General treatment algorithms
Principle of BT therapy
The basic principle of BT therapy for motor indications is to select the appropriate target muscles and to apply appropriate BT doses to them, or in short: ‘Hit the right muscle with the right dose’. These two aspects are documented in the injection scheme. The development of the injection scheme is based on knowledge and experience, and will be highly individualised for each patient treated. It may require several subsequent injection series to be optimised.
Target muscle selection (‘the right muscle’)
Target muscles are selected by documentation of the patient’s pathological positioning and movements. Based on the understanding of physiological muscle functioning, pathologically active muscles are identified. Muscle pain may contribute to additional information. Compensatory muscle activity and protective postures have to be identified and need to be distinguished from primary pathological muscle activity.
Target muscle dosing (‘the right dose’)
Once a target muscle is identified, the degree of BT-induced paresis, i.e., the BT dose applied, has to be decided. Only necessary BT doses should be applied. They should be as low as possible to reduce functional impairment, BT spread into adjacent muscles, excessive total doses and unnecessary costs. However, they should be high enough to produce robust and lasting therapeutic effects. Dosing depends on the target muscle’s mass, its therapeutic window and the paresis risk in adjacent muscles. Therapeutic windows (Dressler 2000) are shown in Table 1. The dosing tables provided here describe typical doses with their variability and limits. Individual BT dosing within these limits will be higher when the pathological muscle activity is high and when supportive agonistic muscles are available. BT doses will be lower when the pathological muscle activity is functionally useful, as in spasticity’s paresis or in dystonic tremor (see Table 2). For dystonia, the degree of dystonic involvement may be calculated with the dystonia ratio (dystonic muscle activity in relation to the maximal muscle activity as measured by the surface EMG amplitude) (Dressler 2000). General dose modifiers (see Table 2) (Dressler et al. 2018) are also applicable.
Total BT doses
Registration documents usually recommend maximal total BT doses in the region of 300–400 MU. Recent studies introducing the BT high dose therapy, however, demonstrate the toxicological and immunological safety of maximal total INCO doses of up to 1250 MU, thus establishing the ‘BT high dose therapy’ ((Dressler et al. 2014a; Wissel et al. 2017).
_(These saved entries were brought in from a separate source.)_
-- ===== src/Escrow/MilestoneExpiry.antt =====
-- A milestone that was not delivered in time: what its resolution leaves, and what it does to the
-- books.
use sthrip.Base.{ℕ, ◌≡◌, none, some, inl, inr, ◌∷◌, arith, true, or_default, Bool-cases, ◌==◌}
use sthrip.Base.Int.{pos, negsuc, ◌+ℤ◌, ◌-ℤ◌, ◌≤ℤ◌, int_laws, parts}
use sthrip.Base.Table.{find, set, find-set_self, set-set, sum-set}
use sthrip.Base.Action.{ok}
use sthrip.Models.Parties.{xmr, audit, webhook}
use sthrip.Models.Milestone.{EscrowMilestone, MilestoneStatus}
use sthrip.Models.Escrow.{EscrowDeal, EscrowStatus}
use sthrip.Models.Database.{Db}
use sthrip.Ledger.Held.{counted, counted_zero, held-paid}
use sthrip.Ledger.Rows.{paid}
use sthrip.Accounting.{in_escrow, assets, open_amount}
use sthrip.Escrow.MilestoneRepo.{expired, cancel_all}
use sthrip.Escrow.Trust.{adjusted}
use sthrip.Escrow.Expiry.{ended_deal, remaining_of, resolve_milestone_expiry}
use sthrip.Escrow.MilestoneOutcomes.{with_parts}

-- The milestone has expired, those after it are cancelled, and the deal has ended.
abbrev pub expired_deal : ℕ → ℕ → EscrowMilestone → EscrowDeal → EscrowDeal
expired_deal now seq m d =
    ended_deal now seq (with_parts (cancel_all now (set seq (expired now m) d.milestones)) d)

abbrev pub expired_state : ℕ → ℕ → ℕ → EscrowMilestone → EscrowDeal → Db → Db
expired_state now id seq m d db = record db {
  balances = paid now d.buyer_id (remaining_of d) (or_default d.token xmr) db.balances;
  deals = set id (expired_deal now seq m d) db.deals;
  reputations = adjusted now d.seller_id (negsuc 2) db.reputations;
  journal =
      audit "milestone.expired" none (some id)
      ∷ webhook d.seller_id "escrow.expired"
      ∷ webhook d.buyer_id "escrow.expired"
      ∷ db.journal;
}

-- The resolution of an active milestone of an accepted deal.
pub resolve_milestone_expiry-active :
    (now id seq : ℕ) (m : EscrowMilestone) (d : EscrowDeal) (db : Db)
    → find id db.deals ≡ some d
    → find seq d.milestones ≡ some m
    → d.status ≡ EscrowStatus.accepted
    → m.status ≡ MilestoneStatus.active
    → resolve_milestone_expiry now id seq db ≡ (ok true, expired_state now id seq m d db)
unfolding resolve_milestone_expiry
resolve_milestone_expiry-active now id seq m d db e em st sm =
    let d1 = with_parts (set seq (expired now m) d.milestones) d in
    let d2 = with_parts (cancel_all now (set seq (expired now m) d.milestones)) d in
    let d3 = expired_deal now seq m d in
    ground (
      arith,
      find-set_self id d1 d db.deals e,
      find-set_self id d2 d db.deals e,
      find-set_self id d3 d db.deals e,
      set-set id d2 d1 db.deals,
      set-set id d3 d2 db.deals,
    )

ended-in_escrow :
    (u now seq : ℕ) (m : EscrowMilestone) (d : EscrowDeal)
    → in_escrow u (expired_deal now seq m d) ≡ pos 0
unfolding in_escrow
ended-in_escrow u now seq m d = elim (Bool-cases (seq == 1)) [
  | inl e ↦ rw e (counted_zero u (or_default d.token xmr))
  | inr e ↦ rw e (counted_zero u (or_default d.token xmr))
]

-- Where an active milestone of an accepted deal of milestones expires, and the deal's amount less
-- what was released and less the fees is not negative, that is what is paid: with what the open
-- milestones held added, the books are as before with that difference added.
pub resolve_milestone_expiry-assets :
    (u now id seq : ℕ) (m : EscrowMilestone) (d : EscrowDeal) (db : Db)
    → find id db.deals ≡ some d
    → find seq d.milestones ≡ some m
    → d.status ≡ EscrowStatus.accepted
    → d.is_multi_milestone ≡ true
    → m.status ≡ MilestoneStatus.active
    → pos 0 ≤ℤ remaining_of d
    → assets u (resolve_milestone_expiry now id seq db).1
        +ℤ counted u (or_default d.token xmr) (open_amount d.milestones)
      ≡ assets u db
        +ℤ counted u (or_default d.token xmr) (d.amount -ℤ d.total_released -ℤ d.total_fees)
unfolding assets in_escrow
resolve_milestone_expiry-assets u now id seq m d db e em st multi sm left =
    let t = or_default d.token xmr in
    let before : in_escrow u d ≡ counted u t (open_amount d.milestones) = rw (st, multi) in
    rw (resolve_milestone_expiry-active now id seq m d db e em st sm) (
      omega (
        int_laws,
        parts before,
        parts (ended-in_escrow u now seq m d),
        parts (held-paid u now d.buyer_id t (remaining_of d) db.balances left),
        parts (sum-set (in_escrow u) id (expired_deal now seq m d) d db.deals e),
      ))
Note that these doses originate from an increase in the number of target muscles rather than from excessive BT dosing in individual target muscles. Note also that maximal total doses are influenced by the dilution used and the number of target muscles selected.
Interinjection intervals
Reduced therapeutic effects at the end of the injection cycle may be compensated by increased BT doses. However, this effect is limited. Alternatively, interinjection intervals may be reduced. Originally, interinjection intervals were recommended to be not less than 12 weeks. Recent studies indicate that INCO may be applied without toxicological or immunological complications at intervals of less than 12 weeks (Dressler et al 2014a), thus establishing the ‘BT short interval therapy’. Interinjection intervals may be as short as 6 weeks (Dressler and Saberi 2017).
BT drugs
BT drugs differ in many aspects. As biologicals, their manufacturing process influences them beyond their physical and chemical properties. With respect to therapeutic and adverse effects, BT drugs based on different BT types show considerable differences, whereas BT drugs based on the same BT type are very similar. The effects of different excipients including the use of human serum albumin, gelatine and polysorbate are controversially discussed. The lack of complexing proteins and the particular manufacturing process used in INCO has reduced antigenicity.
Drug potency labelling
Despite governmental regulations on standardised potency measurements, the potency labelling of BT drugs is not directly comparable. The potency labelling of ONA and INCO may be compared with a conversion factor of 1:1 (Dressler et al. 2012, 2014b, 2018). Conversion factors between ONA/INCO and other BT drugs are still controversial.
BT application
All BT-type A drugs need to be reconstituted with 0.9% NaCl/H2O. This generates and determines a dilution effect. Unless for special indications, e.g., treatment of hyperhidrosis, dilutions should not vary to increase patient safety. A dilution of 100 MU of ONA/INCO in 2.5 ml 0.9% NaCl/H2O produces volumes that are easily injectable and adequate in relation to the target muscle volume. An injection volume of 0.5 ml per injection site seems to be best suited.
Drug stability
Unreconstituted BT drugs have very long shelf lives. Most BT drugs require temperature restrictions. Only INCO may be stored and transported at room temperature. Reconstituted BT drugs should be used within 24 h. Recently published INCO data, however, indicate a stability of at least 1 year (Dressler and Bigalke 2017). Obviously, this has considerable economic implications.
Guidance techniques
Usually, the BT application is performed using basic anatomical techniques including palpation of the target muscle’s belly, its tendons and insertions and references to landmarks. Muscle pain and its localisation provide additional orientation. Target muscle palpation should only be performed when the target muscle is activated. For identification of deeper laying target muscles, application of some gentle pressure will become necessary. Special guidance techniques may be useful to target forearm muscles and to separate individual muscle fascicles when they are involved individually as it is typically the case in writer’s cramp. Guidance techniques may be EMG with and without electric stimulation (O’Brien 1997; Ajax et al. 1998) and ultrasound (Walter and Dressler 2018). Tomographic imaging techniques are not useful especially when they involve radiation.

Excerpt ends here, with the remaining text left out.